(DATA FOR THE TASK begins)

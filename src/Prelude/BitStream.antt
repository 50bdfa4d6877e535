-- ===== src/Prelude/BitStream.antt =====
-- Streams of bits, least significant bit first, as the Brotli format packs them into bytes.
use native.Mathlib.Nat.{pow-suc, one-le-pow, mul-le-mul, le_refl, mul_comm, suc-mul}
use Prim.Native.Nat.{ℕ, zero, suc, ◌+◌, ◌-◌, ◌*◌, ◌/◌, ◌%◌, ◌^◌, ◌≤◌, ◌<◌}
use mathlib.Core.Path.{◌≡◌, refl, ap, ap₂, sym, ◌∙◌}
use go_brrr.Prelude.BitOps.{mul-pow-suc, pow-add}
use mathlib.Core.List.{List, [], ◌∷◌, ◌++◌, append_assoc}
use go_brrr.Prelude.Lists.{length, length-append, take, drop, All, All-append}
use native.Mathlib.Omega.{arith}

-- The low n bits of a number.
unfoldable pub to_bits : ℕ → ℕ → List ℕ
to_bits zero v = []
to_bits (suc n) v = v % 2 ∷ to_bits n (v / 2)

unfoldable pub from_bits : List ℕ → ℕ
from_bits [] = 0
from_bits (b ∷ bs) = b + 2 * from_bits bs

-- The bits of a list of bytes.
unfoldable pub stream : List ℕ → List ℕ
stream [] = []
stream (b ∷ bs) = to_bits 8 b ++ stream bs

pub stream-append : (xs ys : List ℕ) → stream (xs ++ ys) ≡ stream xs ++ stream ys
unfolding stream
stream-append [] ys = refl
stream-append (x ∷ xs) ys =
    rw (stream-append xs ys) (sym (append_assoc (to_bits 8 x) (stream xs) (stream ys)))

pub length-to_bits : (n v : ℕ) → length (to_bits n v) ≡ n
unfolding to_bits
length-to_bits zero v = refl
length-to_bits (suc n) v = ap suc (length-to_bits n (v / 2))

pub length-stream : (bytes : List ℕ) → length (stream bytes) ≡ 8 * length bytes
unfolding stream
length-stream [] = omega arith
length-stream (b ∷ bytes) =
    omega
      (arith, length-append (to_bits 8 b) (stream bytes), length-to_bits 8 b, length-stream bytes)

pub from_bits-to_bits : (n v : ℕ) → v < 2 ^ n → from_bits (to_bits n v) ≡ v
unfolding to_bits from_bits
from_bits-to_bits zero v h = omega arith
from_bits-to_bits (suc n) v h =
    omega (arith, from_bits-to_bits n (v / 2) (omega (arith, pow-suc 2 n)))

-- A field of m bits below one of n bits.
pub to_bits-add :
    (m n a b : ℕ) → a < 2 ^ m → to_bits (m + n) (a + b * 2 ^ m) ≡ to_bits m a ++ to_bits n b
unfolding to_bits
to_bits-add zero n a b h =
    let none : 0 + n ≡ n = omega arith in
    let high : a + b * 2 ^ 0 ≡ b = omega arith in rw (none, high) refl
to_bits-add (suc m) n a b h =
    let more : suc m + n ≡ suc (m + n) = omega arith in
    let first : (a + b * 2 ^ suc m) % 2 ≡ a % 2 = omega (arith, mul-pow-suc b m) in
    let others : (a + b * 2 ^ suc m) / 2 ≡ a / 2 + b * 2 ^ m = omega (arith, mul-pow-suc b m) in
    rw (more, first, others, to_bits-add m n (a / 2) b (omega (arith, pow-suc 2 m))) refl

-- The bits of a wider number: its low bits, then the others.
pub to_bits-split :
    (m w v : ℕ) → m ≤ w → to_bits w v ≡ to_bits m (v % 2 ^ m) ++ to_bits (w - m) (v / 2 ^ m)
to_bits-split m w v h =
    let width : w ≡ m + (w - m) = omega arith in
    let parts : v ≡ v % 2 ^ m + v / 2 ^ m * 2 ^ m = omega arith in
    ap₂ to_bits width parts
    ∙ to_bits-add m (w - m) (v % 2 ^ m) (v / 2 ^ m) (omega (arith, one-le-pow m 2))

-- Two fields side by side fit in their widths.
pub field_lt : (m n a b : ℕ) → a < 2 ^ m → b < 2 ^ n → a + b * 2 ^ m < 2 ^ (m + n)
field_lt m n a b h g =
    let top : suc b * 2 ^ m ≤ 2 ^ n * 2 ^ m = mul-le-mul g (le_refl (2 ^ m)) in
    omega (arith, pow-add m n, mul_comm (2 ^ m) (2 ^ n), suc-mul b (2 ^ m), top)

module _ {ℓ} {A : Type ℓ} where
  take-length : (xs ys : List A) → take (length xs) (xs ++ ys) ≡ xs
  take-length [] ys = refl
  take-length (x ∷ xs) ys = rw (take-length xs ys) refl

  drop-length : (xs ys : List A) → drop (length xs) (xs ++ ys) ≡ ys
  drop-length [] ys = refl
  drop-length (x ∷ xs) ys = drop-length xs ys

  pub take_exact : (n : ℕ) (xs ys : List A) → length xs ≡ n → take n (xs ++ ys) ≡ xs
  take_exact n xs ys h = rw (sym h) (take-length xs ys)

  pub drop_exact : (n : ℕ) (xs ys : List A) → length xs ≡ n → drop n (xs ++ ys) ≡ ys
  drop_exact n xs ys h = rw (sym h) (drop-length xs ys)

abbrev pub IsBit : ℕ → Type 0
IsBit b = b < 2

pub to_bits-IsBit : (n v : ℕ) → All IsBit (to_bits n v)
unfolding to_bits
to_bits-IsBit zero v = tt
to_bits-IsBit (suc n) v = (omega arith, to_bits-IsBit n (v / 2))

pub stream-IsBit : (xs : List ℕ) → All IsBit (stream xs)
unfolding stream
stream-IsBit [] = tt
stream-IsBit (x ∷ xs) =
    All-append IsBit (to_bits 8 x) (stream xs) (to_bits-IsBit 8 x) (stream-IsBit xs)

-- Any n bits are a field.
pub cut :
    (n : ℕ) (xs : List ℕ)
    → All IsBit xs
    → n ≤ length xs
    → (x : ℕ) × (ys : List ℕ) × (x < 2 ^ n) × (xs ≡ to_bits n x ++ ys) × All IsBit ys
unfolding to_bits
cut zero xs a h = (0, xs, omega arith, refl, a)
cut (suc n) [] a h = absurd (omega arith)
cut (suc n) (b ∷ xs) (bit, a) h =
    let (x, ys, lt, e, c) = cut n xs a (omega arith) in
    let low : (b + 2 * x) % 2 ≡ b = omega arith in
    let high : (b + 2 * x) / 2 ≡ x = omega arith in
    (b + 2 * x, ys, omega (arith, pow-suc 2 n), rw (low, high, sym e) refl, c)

(DATA FOR THE TASK ends)

Print each entry exactly as it was written.

*YOUR RESPONSE:*
filename src/Prelude/BitStream.antt
repository 50bdfa4d6877e535
-- ===== src/Prelude/BitStream.antt =====
-- Streams of bits, least significant bit first, as the Brotli format packs them into bytes.
use native.Mathlib.Nat.{pow-suc, one-le-pow, mul-le-mul, le_refl, mul_comm, suc-mul}
use Prim.Native.Nat.{ℕ, zero, suc, ◌+◌, ◌-◌, ◌*◌, ◌/◌, ◌%◌, ◌^◌, ◌≤◌, ◌<◌}
use mathlib.Core.Path.{◌≡◌, refl, ap, ap₂, sym, ◌∙◌}
use go_brrr.Prelude.BitOps.{mul-pow-suc, pow-add}
use mathlib.Core.List.{List, [], ◌∷◌, ◌++◌, append_assoc}
use go_brrr.Prelude.Lists.{length, length-append, take, drop, All, All-append}
use native.Mathlib.Omega.{arith}

-- The low n bits of a number.
unfoldable pub to_bits : ℕ → ℕ → List ℕ
to_bits zero v = []
to_bits (suc n) v = v % 2 ∷ to_bits n (v / 2)

unfoldable pub from_bits : List ℕ → ℕ
from_bits [] = 0
from_bits (b ∷ bs) = b + 2 * from_bits bs

-- The bits of a list of bytes.
unfoldable pub stream : List ℕ → List ℕ
stream [] = []
stream (b ∷ bs) = to_bits 8 b ++ stream bs

pub stream-append : (xs ys : List ℕ) → stream (xs ++ ys) ≡ stream xs ++ stream ys
unfolding stream
stream-append [] ys = refl
stream-append (x ∷ xs) ys =
    rw (stream-append xs ys) (sym (append_assoc (to_bits 8 x) (stream xs) (stream ys)))

pub length-to_bits : (n v : ℕ) → length (to_bits n v) ≡ n
unfolding to_bits
length-to_bits zero v = refl
length-to_bits (suc n) v = ap suc (length-to_bits n (v / 2))

pub length-stream : (bytes : List ℕ) → length (stream bytes) ≡ 8 * length bytes
unfolding stream
length-stream [] = omega arith
length-stream (b ∷ bytes) =
    omega
      (arith, length-append (to_bits 8 b) (stream bytes), length-to_bits 8 b, length-stream bytes)

pub from_bits-to_bits : (n v : ℕ) → v < 2 ^ n → from_bits (to_bits n v) ≡ v
unfolding to_bits from_bits
from_bits-to_bits zero v h = omega arith
from_bits-to_bits (suc n) v h =
    omega (arith, from_bits-to_bits n (v / 2) (omega (arith, pow-suc 2 n)))

-- A field of m bits below one of n bits.
pub to_bits-add :
    (m n a b : ℕ) → a < 2 ^ m → to_bits (m + n) (a + b * 2 ^ m) ≡ to_bits m a ++ to_bits n b
unfolding to_bits
to_bits-add zero n a b h =
    let none : 0 + n ≡ n = omega arith in
    let high : a + b * 2 ^ 0 ≡ b = omega arith in rw (none, high) refl
to_bits-add (suc m) n a b h =
    let more : suc m + n ≡ suc (m + n) = omega arith in
    let first : (a + b * 2 ^ suc m) % 2 ≡ a % 2 = omega (arith, mul-pow-suc b m) in
    let others : (a + b * 2 ^ suc m) / 2 ≡ a / 2 + b * 2 ^ m = omega (arith, mul-pow-suc b m) in
    rw (more, first, others, to_bits-add m n (a / 2) b (omega (arith, pow-suc 2 m))) refl

-- The bits of a wider number: its low bits, then the others.
pub to_bits-split :
    (m w v : ℕ) → m ≤ w → to_bits w v ≡ to_bits m (v % 2 ^ m) ++ to_bits (w - m) (v / 2 ^ m)
to_bits-split m w v h =
    let width : w ≡ m + (w - m) = omega arith in
    let parts : v ≡ v % 2 ^ m + v / 2 ^ m * 2 ^ m = omega arith in
    ap₂ to_bits width parts
    ∙ to_bits-add m (w - m) (v % 2 ^ m) (v / 2 ^ m) (omega (arith, one-le-pow m 2))

-- Two fields side by side fit in their widths.
pub field_lt : (m n a b : ℕ) → a < 2 ^ m → b < 2 ^ n → a + b * 2 ^ m < 2 ^ (m + n)
field_lt m n a b h g =
    let top : suc b * 2 ^ m ≤ 2 ^ n * 2 ^ m = mul-le-mul g (le_refl (2 ^ m)) in
    omega (arith, pow-add m n, mul_comm (2 ^ m) (2 ^ n), suc-mul b (2 ^ m), top)

module _ {ℓ} {A : Type ℓ} where
  take-length : (xs ys : List A) → take (length xs) (xs ++ ys) ≡ xs
  take-length [] ys = refl
  take-length (x ∷ xs) ys = rw (take-length xs ys) refl

  drop-length : (xs ys : List A) → drop (length xs) (xs ++ ys) ≡ ys
  drop-length [] ys = refl
  drop-length (x ∷ xs) ys = drop-length xs ys

  pub take_exact : (n : ℕ) (xs ys : List A) → length xs ≡ n → take n (xs ++ ys) ≡ xs
  take_exact n xs ys h = rw (sym h) (take-length xs ys)

  pub drop_exact : (n : ℕ) (xs ys : List A) → length xs ≡ n → drop n (xs ++ ys) ≡ ys
  drop_exact n xs ys h = rw (sym h) (drop-length xs ys)

abbrev pub IsBit : ℕ → Type 0
IsBit b = b < 2

pub to_bits-IsBit : (n v : ℕ) → All IsBit (to_bits n v)
unfolding to_bits
to_bits-IsBit zero v = tt
to_bits-IsBit (suc n) v = (omega arith, to_bits-IsBit n (v / 2))

pub stream-IsBit : (xs : List ℕ) → All IsBit (stream xs)
unfolding stream
stream-IsBit [] = tt
stream-IsBit (x ∷ xs) =
    All-append IsBit (to_bits 8 x) (stream xs) (to_bits-IsBit 8 x) (stream-IsBit xs)

-- Any n bits are a field.
pub cut :
    (n : ℕ) (xs : List ℕ)
    → All IsBit xs
    → n ≤ length xs
    → (x : ℕ) × (ys : List ℕ) × (x < 2 ^ n) × (xs ≡ to_bits n x ++ ys) × All IsBit ys
unfolding to_bits
cut zero xs a h = (0, xs, omega arith, refl, a)
cut (suc n) [] a h = absurd (omega arith)
cut (suc n) (b ∷ xs) (bit, a) h =
    let (x, ys, lt, e, c) = cut n xs a (omega arith) in
    let low : (b + 2 * x) % 2 ≡ b = omega arith in
    let high : (b + 2 * x) / 2 ≡ x = omega arith in
    (b + 2 * x, ys, omega (arith, pow-suc 2 n), rw (low, high, sym e) refl, c)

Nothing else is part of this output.